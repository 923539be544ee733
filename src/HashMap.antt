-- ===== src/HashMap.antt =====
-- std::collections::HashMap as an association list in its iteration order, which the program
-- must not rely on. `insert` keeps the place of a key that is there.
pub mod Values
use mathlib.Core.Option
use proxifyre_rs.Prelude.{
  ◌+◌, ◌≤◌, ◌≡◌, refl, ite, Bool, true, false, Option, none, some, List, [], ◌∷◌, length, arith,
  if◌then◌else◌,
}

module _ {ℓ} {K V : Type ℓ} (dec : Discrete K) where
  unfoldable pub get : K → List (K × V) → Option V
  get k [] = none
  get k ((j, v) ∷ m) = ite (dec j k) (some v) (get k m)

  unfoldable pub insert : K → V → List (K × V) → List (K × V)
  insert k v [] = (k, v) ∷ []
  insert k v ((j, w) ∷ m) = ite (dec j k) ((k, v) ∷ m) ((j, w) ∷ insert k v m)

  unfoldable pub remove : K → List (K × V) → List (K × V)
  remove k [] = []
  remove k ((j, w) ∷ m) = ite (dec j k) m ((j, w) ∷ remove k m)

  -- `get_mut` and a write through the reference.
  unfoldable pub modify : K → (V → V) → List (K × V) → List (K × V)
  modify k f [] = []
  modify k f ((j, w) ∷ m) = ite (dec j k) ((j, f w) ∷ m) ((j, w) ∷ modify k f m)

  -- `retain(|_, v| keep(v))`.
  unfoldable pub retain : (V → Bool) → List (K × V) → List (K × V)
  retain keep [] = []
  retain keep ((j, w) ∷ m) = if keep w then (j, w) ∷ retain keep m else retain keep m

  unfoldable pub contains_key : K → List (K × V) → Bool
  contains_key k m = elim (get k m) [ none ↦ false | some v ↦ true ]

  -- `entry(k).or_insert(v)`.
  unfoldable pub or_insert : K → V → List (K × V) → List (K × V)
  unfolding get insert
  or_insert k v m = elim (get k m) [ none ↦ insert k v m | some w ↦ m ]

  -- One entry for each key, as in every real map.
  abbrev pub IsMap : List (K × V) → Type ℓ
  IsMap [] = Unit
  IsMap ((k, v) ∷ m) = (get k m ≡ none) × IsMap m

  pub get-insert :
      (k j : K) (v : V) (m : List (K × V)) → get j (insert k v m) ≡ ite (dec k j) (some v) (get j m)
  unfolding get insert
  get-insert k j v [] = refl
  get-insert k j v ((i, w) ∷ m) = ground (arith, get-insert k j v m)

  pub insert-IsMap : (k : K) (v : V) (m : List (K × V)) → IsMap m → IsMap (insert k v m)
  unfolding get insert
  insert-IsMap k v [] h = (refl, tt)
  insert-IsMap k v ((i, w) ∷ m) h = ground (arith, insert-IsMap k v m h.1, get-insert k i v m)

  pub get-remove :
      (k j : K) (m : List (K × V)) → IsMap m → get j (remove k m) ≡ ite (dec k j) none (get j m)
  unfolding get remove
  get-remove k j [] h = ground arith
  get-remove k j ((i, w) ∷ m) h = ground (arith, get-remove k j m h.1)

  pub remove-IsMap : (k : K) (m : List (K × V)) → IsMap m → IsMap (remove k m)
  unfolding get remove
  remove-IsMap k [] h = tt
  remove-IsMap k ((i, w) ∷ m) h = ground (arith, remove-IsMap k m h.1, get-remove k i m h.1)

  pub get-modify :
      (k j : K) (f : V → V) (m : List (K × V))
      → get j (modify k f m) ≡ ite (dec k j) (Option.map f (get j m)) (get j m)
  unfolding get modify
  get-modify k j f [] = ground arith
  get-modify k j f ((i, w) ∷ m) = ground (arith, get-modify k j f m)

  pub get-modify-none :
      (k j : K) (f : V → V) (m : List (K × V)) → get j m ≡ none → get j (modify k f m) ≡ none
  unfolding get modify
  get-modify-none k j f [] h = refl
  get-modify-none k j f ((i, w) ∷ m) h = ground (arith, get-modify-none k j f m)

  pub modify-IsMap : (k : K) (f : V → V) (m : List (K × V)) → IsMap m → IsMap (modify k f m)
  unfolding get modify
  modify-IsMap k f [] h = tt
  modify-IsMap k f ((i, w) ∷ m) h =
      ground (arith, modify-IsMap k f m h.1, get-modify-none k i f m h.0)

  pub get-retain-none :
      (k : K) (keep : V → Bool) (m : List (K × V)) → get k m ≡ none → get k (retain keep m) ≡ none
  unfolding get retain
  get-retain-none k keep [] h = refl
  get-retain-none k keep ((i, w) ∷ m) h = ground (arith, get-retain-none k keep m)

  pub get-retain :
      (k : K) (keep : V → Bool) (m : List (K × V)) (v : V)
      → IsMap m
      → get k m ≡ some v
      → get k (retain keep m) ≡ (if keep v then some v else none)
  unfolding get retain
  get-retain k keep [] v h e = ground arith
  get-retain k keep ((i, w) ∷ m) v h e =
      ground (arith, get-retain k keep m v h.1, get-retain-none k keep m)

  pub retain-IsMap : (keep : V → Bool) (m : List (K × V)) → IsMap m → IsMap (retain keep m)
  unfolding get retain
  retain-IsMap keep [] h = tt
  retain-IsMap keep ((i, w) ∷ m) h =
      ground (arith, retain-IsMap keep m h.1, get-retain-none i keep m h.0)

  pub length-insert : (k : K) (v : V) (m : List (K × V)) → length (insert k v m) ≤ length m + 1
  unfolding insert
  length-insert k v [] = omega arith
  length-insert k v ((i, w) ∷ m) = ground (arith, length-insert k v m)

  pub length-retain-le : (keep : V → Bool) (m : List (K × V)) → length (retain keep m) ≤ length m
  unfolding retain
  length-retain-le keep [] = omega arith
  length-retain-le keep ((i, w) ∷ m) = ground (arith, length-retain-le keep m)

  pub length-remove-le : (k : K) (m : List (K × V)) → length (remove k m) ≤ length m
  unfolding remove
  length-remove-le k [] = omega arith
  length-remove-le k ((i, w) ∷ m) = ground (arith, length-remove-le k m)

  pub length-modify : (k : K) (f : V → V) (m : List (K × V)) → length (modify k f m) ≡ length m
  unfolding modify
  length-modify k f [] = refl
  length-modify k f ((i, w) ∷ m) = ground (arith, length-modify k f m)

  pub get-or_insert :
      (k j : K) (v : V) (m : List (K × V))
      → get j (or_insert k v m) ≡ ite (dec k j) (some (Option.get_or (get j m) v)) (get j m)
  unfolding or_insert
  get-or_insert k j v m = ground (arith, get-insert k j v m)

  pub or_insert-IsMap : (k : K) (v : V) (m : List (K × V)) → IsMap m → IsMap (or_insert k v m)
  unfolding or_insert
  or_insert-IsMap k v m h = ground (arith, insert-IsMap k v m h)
———
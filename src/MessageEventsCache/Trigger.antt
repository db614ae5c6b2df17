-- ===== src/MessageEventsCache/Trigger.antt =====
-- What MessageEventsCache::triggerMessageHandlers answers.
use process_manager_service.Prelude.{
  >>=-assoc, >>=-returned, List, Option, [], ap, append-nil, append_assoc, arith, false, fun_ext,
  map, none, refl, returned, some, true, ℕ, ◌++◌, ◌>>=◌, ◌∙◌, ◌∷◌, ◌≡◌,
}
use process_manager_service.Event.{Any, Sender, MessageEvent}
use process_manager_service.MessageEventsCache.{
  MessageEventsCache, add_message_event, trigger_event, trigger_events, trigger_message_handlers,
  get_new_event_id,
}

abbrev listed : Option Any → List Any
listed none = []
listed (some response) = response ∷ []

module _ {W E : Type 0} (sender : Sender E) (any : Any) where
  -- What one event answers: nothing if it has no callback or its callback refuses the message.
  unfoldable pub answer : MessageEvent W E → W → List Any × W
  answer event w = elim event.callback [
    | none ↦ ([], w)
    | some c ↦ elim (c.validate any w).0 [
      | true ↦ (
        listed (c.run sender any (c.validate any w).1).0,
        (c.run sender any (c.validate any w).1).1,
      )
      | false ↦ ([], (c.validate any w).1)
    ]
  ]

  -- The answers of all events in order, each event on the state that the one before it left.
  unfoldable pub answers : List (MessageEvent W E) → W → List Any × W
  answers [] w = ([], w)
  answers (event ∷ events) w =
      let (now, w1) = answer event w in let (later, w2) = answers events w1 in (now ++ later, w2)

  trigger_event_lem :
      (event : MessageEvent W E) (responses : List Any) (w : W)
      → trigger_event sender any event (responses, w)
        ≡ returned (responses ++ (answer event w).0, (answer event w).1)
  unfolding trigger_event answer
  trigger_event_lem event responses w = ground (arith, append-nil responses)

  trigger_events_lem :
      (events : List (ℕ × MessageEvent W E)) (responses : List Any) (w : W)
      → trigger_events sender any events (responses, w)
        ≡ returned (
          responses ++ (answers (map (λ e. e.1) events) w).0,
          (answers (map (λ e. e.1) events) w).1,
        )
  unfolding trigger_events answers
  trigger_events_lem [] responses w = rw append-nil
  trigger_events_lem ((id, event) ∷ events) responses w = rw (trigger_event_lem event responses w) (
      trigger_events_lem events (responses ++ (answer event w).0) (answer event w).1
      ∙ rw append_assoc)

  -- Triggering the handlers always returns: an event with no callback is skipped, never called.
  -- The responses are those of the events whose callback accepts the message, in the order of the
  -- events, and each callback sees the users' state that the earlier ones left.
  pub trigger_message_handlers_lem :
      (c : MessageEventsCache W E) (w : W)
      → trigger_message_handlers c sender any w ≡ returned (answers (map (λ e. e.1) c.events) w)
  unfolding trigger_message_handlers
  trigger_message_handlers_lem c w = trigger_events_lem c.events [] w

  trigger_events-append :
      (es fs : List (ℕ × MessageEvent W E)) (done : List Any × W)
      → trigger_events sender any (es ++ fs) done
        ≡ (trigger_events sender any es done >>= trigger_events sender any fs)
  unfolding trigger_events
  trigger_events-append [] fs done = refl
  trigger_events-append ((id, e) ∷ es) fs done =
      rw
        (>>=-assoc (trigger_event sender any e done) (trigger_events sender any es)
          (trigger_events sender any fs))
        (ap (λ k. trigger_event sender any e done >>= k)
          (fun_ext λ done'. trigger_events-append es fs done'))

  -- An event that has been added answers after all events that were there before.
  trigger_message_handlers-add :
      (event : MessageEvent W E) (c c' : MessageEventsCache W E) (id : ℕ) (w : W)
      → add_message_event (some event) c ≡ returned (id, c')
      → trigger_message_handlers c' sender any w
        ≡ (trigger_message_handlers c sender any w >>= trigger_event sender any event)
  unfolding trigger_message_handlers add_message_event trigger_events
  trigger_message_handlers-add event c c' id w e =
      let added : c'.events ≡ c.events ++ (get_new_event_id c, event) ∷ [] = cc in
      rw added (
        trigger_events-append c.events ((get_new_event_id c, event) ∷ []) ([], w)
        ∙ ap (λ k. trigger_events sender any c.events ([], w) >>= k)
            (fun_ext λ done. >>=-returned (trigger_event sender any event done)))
———
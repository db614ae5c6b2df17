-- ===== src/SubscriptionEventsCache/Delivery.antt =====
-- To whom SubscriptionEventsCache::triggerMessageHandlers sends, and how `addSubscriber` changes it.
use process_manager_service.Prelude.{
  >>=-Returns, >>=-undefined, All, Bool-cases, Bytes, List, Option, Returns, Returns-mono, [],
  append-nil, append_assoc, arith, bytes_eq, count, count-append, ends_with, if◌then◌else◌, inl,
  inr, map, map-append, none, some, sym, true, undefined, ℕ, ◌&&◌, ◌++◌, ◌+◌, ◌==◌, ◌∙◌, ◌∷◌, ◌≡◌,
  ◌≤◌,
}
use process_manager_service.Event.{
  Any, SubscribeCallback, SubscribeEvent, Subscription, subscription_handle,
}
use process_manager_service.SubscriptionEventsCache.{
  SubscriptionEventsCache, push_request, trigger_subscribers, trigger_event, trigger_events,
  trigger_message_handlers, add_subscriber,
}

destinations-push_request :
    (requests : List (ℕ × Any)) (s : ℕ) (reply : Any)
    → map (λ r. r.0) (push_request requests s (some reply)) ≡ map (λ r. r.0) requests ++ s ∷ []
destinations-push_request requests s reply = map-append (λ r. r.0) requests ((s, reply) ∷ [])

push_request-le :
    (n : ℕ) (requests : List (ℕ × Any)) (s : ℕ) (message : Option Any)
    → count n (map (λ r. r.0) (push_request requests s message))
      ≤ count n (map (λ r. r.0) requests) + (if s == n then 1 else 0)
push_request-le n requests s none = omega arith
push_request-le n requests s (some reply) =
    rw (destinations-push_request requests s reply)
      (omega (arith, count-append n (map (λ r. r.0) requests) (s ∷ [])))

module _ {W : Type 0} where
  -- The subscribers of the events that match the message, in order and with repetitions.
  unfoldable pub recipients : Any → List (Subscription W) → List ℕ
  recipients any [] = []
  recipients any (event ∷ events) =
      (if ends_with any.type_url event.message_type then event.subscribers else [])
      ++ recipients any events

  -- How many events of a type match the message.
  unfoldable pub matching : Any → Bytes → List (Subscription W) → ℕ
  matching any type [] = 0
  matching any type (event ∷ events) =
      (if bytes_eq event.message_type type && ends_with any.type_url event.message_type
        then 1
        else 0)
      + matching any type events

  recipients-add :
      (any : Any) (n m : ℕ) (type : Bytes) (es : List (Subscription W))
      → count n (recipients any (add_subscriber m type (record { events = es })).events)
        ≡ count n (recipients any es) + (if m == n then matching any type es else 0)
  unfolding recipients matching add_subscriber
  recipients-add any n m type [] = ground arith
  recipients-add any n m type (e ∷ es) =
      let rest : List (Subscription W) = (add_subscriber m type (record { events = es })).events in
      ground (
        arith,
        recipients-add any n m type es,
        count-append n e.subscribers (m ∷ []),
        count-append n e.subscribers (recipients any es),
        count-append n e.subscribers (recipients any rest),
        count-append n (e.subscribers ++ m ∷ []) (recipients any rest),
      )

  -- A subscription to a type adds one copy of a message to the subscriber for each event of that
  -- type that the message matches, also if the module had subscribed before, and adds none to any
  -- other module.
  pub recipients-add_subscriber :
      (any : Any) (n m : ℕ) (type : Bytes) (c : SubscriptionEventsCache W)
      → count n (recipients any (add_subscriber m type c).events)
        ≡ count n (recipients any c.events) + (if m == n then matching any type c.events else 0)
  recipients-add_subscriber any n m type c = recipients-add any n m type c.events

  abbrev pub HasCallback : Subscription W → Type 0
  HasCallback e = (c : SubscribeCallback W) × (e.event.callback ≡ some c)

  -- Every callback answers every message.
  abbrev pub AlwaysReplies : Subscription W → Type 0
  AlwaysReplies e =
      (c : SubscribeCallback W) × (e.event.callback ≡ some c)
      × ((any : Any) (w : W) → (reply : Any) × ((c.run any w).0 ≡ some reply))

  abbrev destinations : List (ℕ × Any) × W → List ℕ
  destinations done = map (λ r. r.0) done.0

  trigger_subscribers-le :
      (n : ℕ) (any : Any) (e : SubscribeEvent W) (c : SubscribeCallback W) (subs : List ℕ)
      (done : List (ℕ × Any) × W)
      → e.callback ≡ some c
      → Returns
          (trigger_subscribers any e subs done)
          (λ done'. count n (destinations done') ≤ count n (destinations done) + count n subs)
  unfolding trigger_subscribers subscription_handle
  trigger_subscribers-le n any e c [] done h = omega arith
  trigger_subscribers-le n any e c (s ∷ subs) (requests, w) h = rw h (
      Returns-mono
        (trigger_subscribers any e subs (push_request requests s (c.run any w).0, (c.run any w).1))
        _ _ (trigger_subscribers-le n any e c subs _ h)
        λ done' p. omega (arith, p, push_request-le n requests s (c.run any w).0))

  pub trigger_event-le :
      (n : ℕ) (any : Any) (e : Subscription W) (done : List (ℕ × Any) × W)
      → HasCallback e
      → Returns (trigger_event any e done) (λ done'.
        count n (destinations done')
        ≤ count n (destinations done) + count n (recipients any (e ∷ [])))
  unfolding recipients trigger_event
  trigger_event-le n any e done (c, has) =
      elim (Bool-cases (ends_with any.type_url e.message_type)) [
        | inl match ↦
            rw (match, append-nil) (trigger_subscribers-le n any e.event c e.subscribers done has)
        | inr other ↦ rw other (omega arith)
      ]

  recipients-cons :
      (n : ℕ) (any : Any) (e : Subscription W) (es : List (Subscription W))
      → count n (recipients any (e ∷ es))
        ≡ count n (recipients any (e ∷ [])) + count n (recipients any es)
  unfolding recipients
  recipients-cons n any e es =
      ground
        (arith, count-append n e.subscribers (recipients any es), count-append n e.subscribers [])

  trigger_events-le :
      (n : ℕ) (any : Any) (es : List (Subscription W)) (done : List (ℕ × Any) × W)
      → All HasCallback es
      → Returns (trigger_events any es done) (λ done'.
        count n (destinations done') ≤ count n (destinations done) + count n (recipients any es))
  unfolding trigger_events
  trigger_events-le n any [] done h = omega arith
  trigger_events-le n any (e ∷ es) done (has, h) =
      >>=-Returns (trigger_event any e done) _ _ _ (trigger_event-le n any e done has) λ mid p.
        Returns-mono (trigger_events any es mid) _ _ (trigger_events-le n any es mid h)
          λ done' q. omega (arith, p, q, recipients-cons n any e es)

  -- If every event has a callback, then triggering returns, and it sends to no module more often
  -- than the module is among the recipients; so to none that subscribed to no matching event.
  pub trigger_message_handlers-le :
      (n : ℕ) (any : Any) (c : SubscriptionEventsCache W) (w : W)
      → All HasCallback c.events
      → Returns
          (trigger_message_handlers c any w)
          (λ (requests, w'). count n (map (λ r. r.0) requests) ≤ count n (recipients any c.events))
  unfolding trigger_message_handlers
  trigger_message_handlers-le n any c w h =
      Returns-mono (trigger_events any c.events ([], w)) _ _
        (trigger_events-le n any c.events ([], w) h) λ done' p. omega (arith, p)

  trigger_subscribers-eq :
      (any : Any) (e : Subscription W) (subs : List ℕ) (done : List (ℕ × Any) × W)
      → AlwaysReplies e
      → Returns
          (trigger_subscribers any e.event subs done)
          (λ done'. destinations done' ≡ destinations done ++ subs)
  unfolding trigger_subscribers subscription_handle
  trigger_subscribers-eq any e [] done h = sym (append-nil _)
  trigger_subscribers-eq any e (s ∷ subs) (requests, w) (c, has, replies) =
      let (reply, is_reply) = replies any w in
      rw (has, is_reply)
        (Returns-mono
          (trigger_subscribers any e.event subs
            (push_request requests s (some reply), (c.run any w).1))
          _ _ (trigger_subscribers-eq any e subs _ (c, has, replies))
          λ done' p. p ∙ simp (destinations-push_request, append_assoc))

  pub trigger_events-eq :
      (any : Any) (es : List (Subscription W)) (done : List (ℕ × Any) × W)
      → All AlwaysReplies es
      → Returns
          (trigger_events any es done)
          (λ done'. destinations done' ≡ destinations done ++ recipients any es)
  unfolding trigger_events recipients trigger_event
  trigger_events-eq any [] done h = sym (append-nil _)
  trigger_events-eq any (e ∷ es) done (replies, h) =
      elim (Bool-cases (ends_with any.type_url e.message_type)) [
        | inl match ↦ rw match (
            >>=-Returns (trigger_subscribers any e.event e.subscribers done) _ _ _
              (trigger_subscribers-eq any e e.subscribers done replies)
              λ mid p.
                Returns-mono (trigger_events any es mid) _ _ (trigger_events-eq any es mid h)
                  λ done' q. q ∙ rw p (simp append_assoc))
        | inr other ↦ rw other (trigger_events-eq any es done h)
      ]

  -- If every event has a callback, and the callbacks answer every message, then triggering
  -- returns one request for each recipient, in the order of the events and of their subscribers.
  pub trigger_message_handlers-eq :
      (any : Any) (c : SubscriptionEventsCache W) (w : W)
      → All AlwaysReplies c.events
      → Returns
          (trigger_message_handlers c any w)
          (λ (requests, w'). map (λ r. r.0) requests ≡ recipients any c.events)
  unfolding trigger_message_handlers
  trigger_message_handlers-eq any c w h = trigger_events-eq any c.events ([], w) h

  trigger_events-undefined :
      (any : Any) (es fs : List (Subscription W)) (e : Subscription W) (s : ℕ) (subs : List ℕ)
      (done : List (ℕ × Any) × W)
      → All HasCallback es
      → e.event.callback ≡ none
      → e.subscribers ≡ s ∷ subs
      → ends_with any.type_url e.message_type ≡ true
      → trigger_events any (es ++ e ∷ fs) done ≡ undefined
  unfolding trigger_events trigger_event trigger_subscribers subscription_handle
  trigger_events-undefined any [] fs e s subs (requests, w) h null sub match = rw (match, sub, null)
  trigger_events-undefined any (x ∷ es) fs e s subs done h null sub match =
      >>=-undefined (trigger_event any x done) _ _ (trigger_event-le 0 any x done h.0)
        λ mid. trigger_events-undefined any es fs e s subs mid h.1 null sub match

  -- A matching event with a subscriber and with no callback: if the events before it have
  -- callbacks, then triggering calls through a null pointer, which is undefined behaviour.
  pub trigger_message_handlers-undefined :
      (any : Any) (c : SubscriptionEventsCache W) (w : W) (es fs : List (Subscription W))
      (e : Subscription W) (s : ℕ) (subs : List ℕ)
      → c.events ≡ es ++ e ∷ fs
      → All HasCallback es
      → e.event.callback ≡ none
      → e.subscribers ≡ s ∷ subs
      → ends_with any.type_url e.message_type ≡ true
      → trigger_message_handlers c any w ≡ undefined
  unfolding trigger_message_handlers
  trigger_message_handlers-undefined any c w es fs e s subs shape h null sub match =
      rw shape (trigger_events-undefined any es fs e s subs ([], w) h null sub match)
———
**WHAT THE TASK ASKS**
Using only the listing above, restate exactly the lines from the line containing "repository 923539be544ee733" through the line containing "get-insert k j v ((i, w)", both included.

**TASK RESULT**
repository 923539be544ee733
filename src/HashMap.antt
-- ===== src/HashMap.antt =====
-- std::collections::HashMap as an association list in its iteration order, which the program
-- must not rely on. `insert` keeps the place of a key that is there.
pub mod Values
use mathlib.Core.Option
use proxifyre_rs.Prelude.{
  ◌+◌, ◌≤◌, ◌≡◌, refl, ite, Bool, true, false, Option, none, some, List, [], ◌∷◌, length, arith,
  if◌then◌else◌,
}

module _ {ℓ} {K V : Type ℓ} (dec : Discrete K) where
  unfoldable pub get : K → List (K × V) → Option V
  get k [] = none
  get k ((j, v) ∷ m) = ite (dec j k) (some v) (get k m)

  unfoldable pub insert : K → V → List (K × V) → List (K × V)
  insert k v [] = (k, v) ∷ []
  insert k v ((j, w) ∷ m) = ite (dec j k) ((k, v) ∷ m) ((j, w) ∷ insert k v m)

  unfoldable pub remove : K → List (K × V) → List (K × V)
  remove k [] = []
  remove k ((j, w) ∷ m) = ite (dec j k) m ((j, w) ∷ remove k m)

  -- `get_mut` and a write through the reference.
  unfoldable pub modify : K → (V → V) → List (K × V) → List (K × V)
  modify k f [] = []
  modify k f ((j, w) ∷ m) = ite (dec j k) ((j, f w) ∷ m) ((j, w) ∷ modify k f m)

  -- `retain(|_, v| keep(v))`.
  unfoldable pub retain : (V → Bool) → List (K × V) → List (K × V)
  retain keep [] = []
  retain keep ((j, w) ∷ m) = if keep w then (j, w) ∷ retain keep m else retain keep m

  unfoldable pub contains_key : K → List (K × V) → Bool
  contains_key k m = elim (get k m) [ none ↦ false | some v ↦ true ]

  -- `entry(k).or_insert(v)`.
  unfoldable pub or_insert : K → V → List (K × V) → List (K × V)
  unfolding get insert
  or_insert k v m = elim (get k m) [ none ↦ insert k v m | some w ↦ m ]

  -- One entry for each key, as in every real map.
  abbrev pub IsMap : List (K × V) → Type ℓ
  IsMap [] = Unit
  IsMap ((k, v) ∷ m) = (get k m ≡ none) × IsMap m

  pub get-insert :
      (k j : K) (v : V) (m : List (K × V)) → get j (insert k v m) ≡ ite (dec k j) (some v) (get j m)
  unfolding get insert
  get-insert k j v [] = refl
  get-insert k j v ((i, w) ∷ m) = ground (arith, get-insert k j v m)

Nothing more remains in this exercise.